We wanted to know whether the Bulgarian authorities at any time since 1990 — the first year that multi party elections were held — attempted to sabotage the work of local observers? They did not. Of the 59 suggestions for changing elections laws, which were submitted to the government by the organization for which Mr. Yanikiev works, 29 were adopted. Have there been serious complaints on election irregularity in Bulgaria during the past seven years? No, not from international observers, nor from domestic ones. The obligation for elections monitoring has been adopted in the text of the elections law.

Concretely speaking, in Bulgaria a system has been developed (and written into law) according to which, every voting booth is supplied with a form. The form has five different colored carbon copies for filling in elections results (something similar to an airline ticket), and every member of the elections committee receives a copy. Results are sent in from coded telephones, and can only be sent in from such telephones. The experience of our neighbors suggests that, with such a system, practically all possibility of tampering at the ballot booths is avoided, and such a system was implemented precisely at the request of the Bulgarian Association for Fair Elections and Human Rights.

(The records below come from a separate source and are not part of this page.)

-- ===== src/Single/Tallied/Steps.antt =====
-- Every other operation keeps the invariant.
use dao_contracts.Prelude.{
  ℕ, ◌+◌, ◌≡◌, refl, sym, ap, Option, none, some, List, arith, Outcome, ok, ok_or, >>=-eq-ok,
  guard-eq-ok, map_err-eq-ok, ok_or-eq-ok, ok-injective, String,
}
use mathlib.Core.Path.{subst}
use dao_contracts.Cosmwasm.{Addr, BlockInfo, CwUtils, after_period}
use dao_contracts.Voting.Votes.{zero_votes}
use dao_contracts.Voting.Status.{Status, execution_failed}
use dao_contracts.Single.Proposal.{SingleChoiceProposal, update_status}
use dao_contracts.Single.Proposal.Update.{update_status-sets}
use dao_contracts.Single.State.{Ballot, State, ContractError, Chain, std, std_or, no_such_proposal}
use dao_contracts.Single.Messages.{SubMsg}
use dao_contracts.Single.Ballots.{find, tally-put}
use dao_contracts.Single.Contract.Vote.{save_proposal, execute_update_rationale}
use dao_contracts.Single.Contract.Propose.{
  ProposeMsg, SingleChoiceAutoVote, new_proposal, next_proposal_id, advance_proposal_id,
  proposer_of, auto_vote, execute_propose,
}
use dao_contracts.Single.Contract.Finish.{finish, reply_failed_execution}
use dao_contracts.Single.Finished.{Finished}
use dao_contracts.Single.Tallied.{IsTallied, power_of, individual_of}
use dao_contracts.Single.Tallied.Voting.{Counted-refl, save-IsTallied, execute_vote-IsTallied}

-- A saved proposal whose tallies are as they were.
resave-IsTallied :
    (id : ℕ) (prop p : SingleChoiceProposal) (s : State)
    → IsTallied s
    → s.proposals id ≡ some prop
    → p.votes ≡ prop.votes
    → p.individual_votes ≡ prop.individual_votes
    → IsTallied (record s { proposals = save_proposal s.proposals id p })
resave-IsTallied id prop p s inv known v i =
    save-IsTallied id prop prop p s s inv known (Counted-refl id prop s) refl v i

pub Finished-IsTallied :
    {cw : CwUtils} {block : BlockInfo} {id : ℕ} {st : Status} {s s' : State}
    {Allowed : SingleChoiceProposal → Type 0}
    → IsTallied s
    → Finished cw block id st s s' Allowed
    → IsTallied s'
unfolding finish
Finished-IsTallied {cw} {block} {id} {st} {s} inv f =
    let sets = update_status-sets cw f.before f.current block f.updated in
    subst IsTallied (sym f.result) (
      resave-IsTallied id f.before (record (f.current) { status = st }) s inv f.known
        (sym (ap (λ (q : SingleChoiceProposal). q.votes) sets))
        (sym (ap (λ (q : SingleChoiceProposal). q.individual_votes) sets)))

-- What a handler that returned `r` leaves
pub returned-IsTallied :
    {r r' : State × List SubMsg}
    → ◌≡◌ {A = Outcome ContractError (State × List SubMsg)} (ok r) (ok r')
    → IsTallied r.0
    → IsTallied r'.0
returned-IsTallied e inv =
    subst IsTallied (ap (λ (x : State × List SubMsg). x.0) (ok-injective e)) inv

-- A new rationale leaves what a ballot counts.
pub execute_update_rationale-IsTallied :
    (sender : Addr) (id : ℕ) (rationale : Option String) (s : State) (r : State × List SubMsg)
    → IsTallied s
    → execute_update_rationale sender id rationale s ≡ ok r
    → IsTallied r.0
unfolding execute_update_rationale
execute_update_rationale-IsTallied sender id rationale s r inv h =
    let (b, found, e) = >>=-eq-ok (ok_or (find id sender s.ballots) _) _ h in
    let known = ok_or-eq-ok _ _ found in
    let new : Ballot = record b { rationale = rationale } in
    returned-IsTallied e (record {
      votes = λ j o. ground (arith, inv.votes j o, tally-put power_of id j o sender new s.ballots);
      individual_votes = λ j o.
          ground
            (arith, inv.individual_votes j o, tally-put individual_of id j o sender new s.ballots);
      fresh = inv.fresh;
    })

-- A failed execution changes a status alone.
pub reply_failed_execution-IsTallied :
    (id : ℕ) (s : State) (r : State × List SubMsg)
    → IsTallied s
    → reply_failed_execution id s ≡ ok r
    → IsTallied r.0
unfolding reply_failed_execution
reply_failed_execution-IsTallied id s r inv h =
    let (p, known, e) = >>=-eq-ok (ok_or (s.proposals id) (no_such_proposal id)) _ h in
    returned-IsTallied e (
      resave-IsTallied id p (record p { status = execution_failed }) s inv (ok_or-eq-ok _ _ known)
        refl refl)

-- A new proposal has no votes, and no ballots.
new_proposal-IsTallied :
    (p : SingleChoiceProposal) (id : ℕ) (s : State)
    → IsTallied s
    → s.proposal_count + 1 ≡ id
    → p.votes ≡ zero_votes
    → p.individual_votes ≡ zero_votes
    → IsTallied (record s { proposal_count = id; proposals = save_proposal s.proposals id p })
new_proposal-IsTallied p id s inv e v i = record {
  votes = λ j o. ground (arith, inv.votes j o, inv.fresh j);
  individual_votes = λ j o. ground (arith, inv.individual_votes j o, inv.fresh j);
  fresh = λ j h. ground (arith, inv.fresh j);
}

module _ (cw : CwUtils) (chain : Chain) (block : BlockInfo) where
  auto_vote-IsTallied :
      (v : Option SingleChoiceAutoVote) (proposer : Addr) (id : ℕ) (s : State)
      (r : State × List SubMsg)
      → IsTallied s
      → auto_vote cw chain block v proposer id s ≡ ok r
      → IsTallied r.0
  unfolding auto_vote
  auto_vote-IsTallied none proposer id s r inv h = returned-IsTallied h inv
  auto_vote-IsTallied (some v) proposer id s r inv h =
      execute_vote-IsTallied cw chain block proposer id v.vote v.rationale s r.0 r.1 inv h

  pub advance-count :
      (s : State) (r : ℕ × State)
      → advance_proposal_id s ≡ ok r
      → (s.proposal_count + 1 ≡ r.0) × (r.1 ≡ record s { proposal_count = r.0 })
  unfolding advance_proposal_id next_proposal_id
  advance-count s r h =
      let (id, next, e) = >>=-eq-ok (next_proposal_id s) _ h in
      let count : s.proposal_count + 1 ≡ id = ground arith in
      subst
        (λ (x : ℕ × State).
          (s.proposal_count + 1 ≡ x.0) × (x.1 ≡ record s { proposal_count = x.0 }))
        (ok-injective e) (count, refl)

  -- Creating a proposal keeps the invariant, also with the proposer's vote.
  pub execute_propose-IsTallied :
      (sender : Addr) (msg : ProposeMsg) (s : State) (r : State × List SubMsg)
      → IsTallied s
      → execute_propose cw chain block sender msg s ≡ ok r
      → IsTallied r.0
  unfolding execute_propose
  execute_propose-IsTallied sender msg s r inv h =
      let (_, h1) = guard-eq-ok _ _ _ h in
      let (proposer, _, h2) =
        >>=-eq-ok (proposer_of cw chain block sender msg.proposer s.creation_policy) _ h1 in
      let (active, _, h3) = >>=-eq-ok (std_or (chain.is_active s.config.dao)) _ h2 in
      let (_, h4) = guard-eq-ok _ _ _ h3 in
      let (end, _, h5) = >>=-eq-ok (std_or (cw.after s.config.max_voting_period block)) _ h4 in
      let (power, _, h6) = >>=-eq-ok (std_or (chain.total_power s.config.dao block.height)) _ h5 in
      let (least, _, h7) =
        >>=-eq-ok (std_or (after_period cw s.config.min_voting_period block)) _ h6 in
      let new = new_proposal cw chain block proposer end least power msg s in
      let (p, up, h8) = >>=-eq-ok (std_or (update_status cw new block)) _ h7 in
      let (next, advanced, h9) = >>=-eq-ok (std_or (advance_proposal_id s)) _ h8 in
      let (size, _, h10) = >>=-eq-ok (std_or (chain.proposal_size p)) _ h9 in
      let (_, h11) = guard-eq-ok _ _ _ h10 in
      let (voted, auto, e) =
        >>=-eq-ok
          (auto_vote cw chain block msg.vote proposer next.0
            (record (next.1) { proposals = save_proposal (next.1).proposals next.0 p }))
          _ h11 in
      let sets = update_status-sets cw new p block (map_err-eq-ok std _ up) in
      let (count, state) = advance-count s next (map_err-eq-ok std _ advanced) in
      let saved =
        new_proposal-IsTallied p next.0 s inv count
          (sym (ap (λ (q : SingleChoiceProposal). q.votes) sets))
          (sym (ap (λ (q : SingleChoiceProposal). q.individual_votes) sets)) in
      let start : IsTallied
          (record (next.1) { proposals = save_proposal (next.1).proposals next.0 p }) =
        subst
          (λ (t : State). IsTallied (record t { proposals = save_proposal t.proposals next.0 p }))
          (sym state) saved in
      returned-IsTallied e (auto_vote-IsTallied msg.vote proposer next.0 _ voted start auto)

WAGER: It is well known how each thing is done, says Mr. Yanikiev, and it can all be easily implemented. Is it a matter of absence of political will? Who is going to be willing to make sure that elections are monitored, anyway? The government on its own certainly is not going to, even though it did not want to in Romania and Albania, and it finally bowed down to pressures from the public and the opposition, and already for three years now in those countries there exists a legal imperative for elections monitoring. Therefore, complaining is of no use; actions speak louder than words. What about a boycott? A boycott, according to this Bulgarian specialist, is not a good idea. The ruling party is only served victory on a platter in that way, and for Mr. Yanikiev that is only a surrender by the democratic opposition which continues to state that elections are the most powerful tool of democracy, and which now is against participating for fear of losing. How then will it ever be possible to change things?

Both he and his hosts in the Belgrade Center for Human Rights think that it is too late for these elections to change anything, that not much can be done, even though Mikhail Yanikiev told us that he wagered $50 US (he did not say with whom) that these elections will also be monitored by at least 1,000 observers. He believes that he will be one of them, in which case we have his solemn promise that he will tell us what he observed.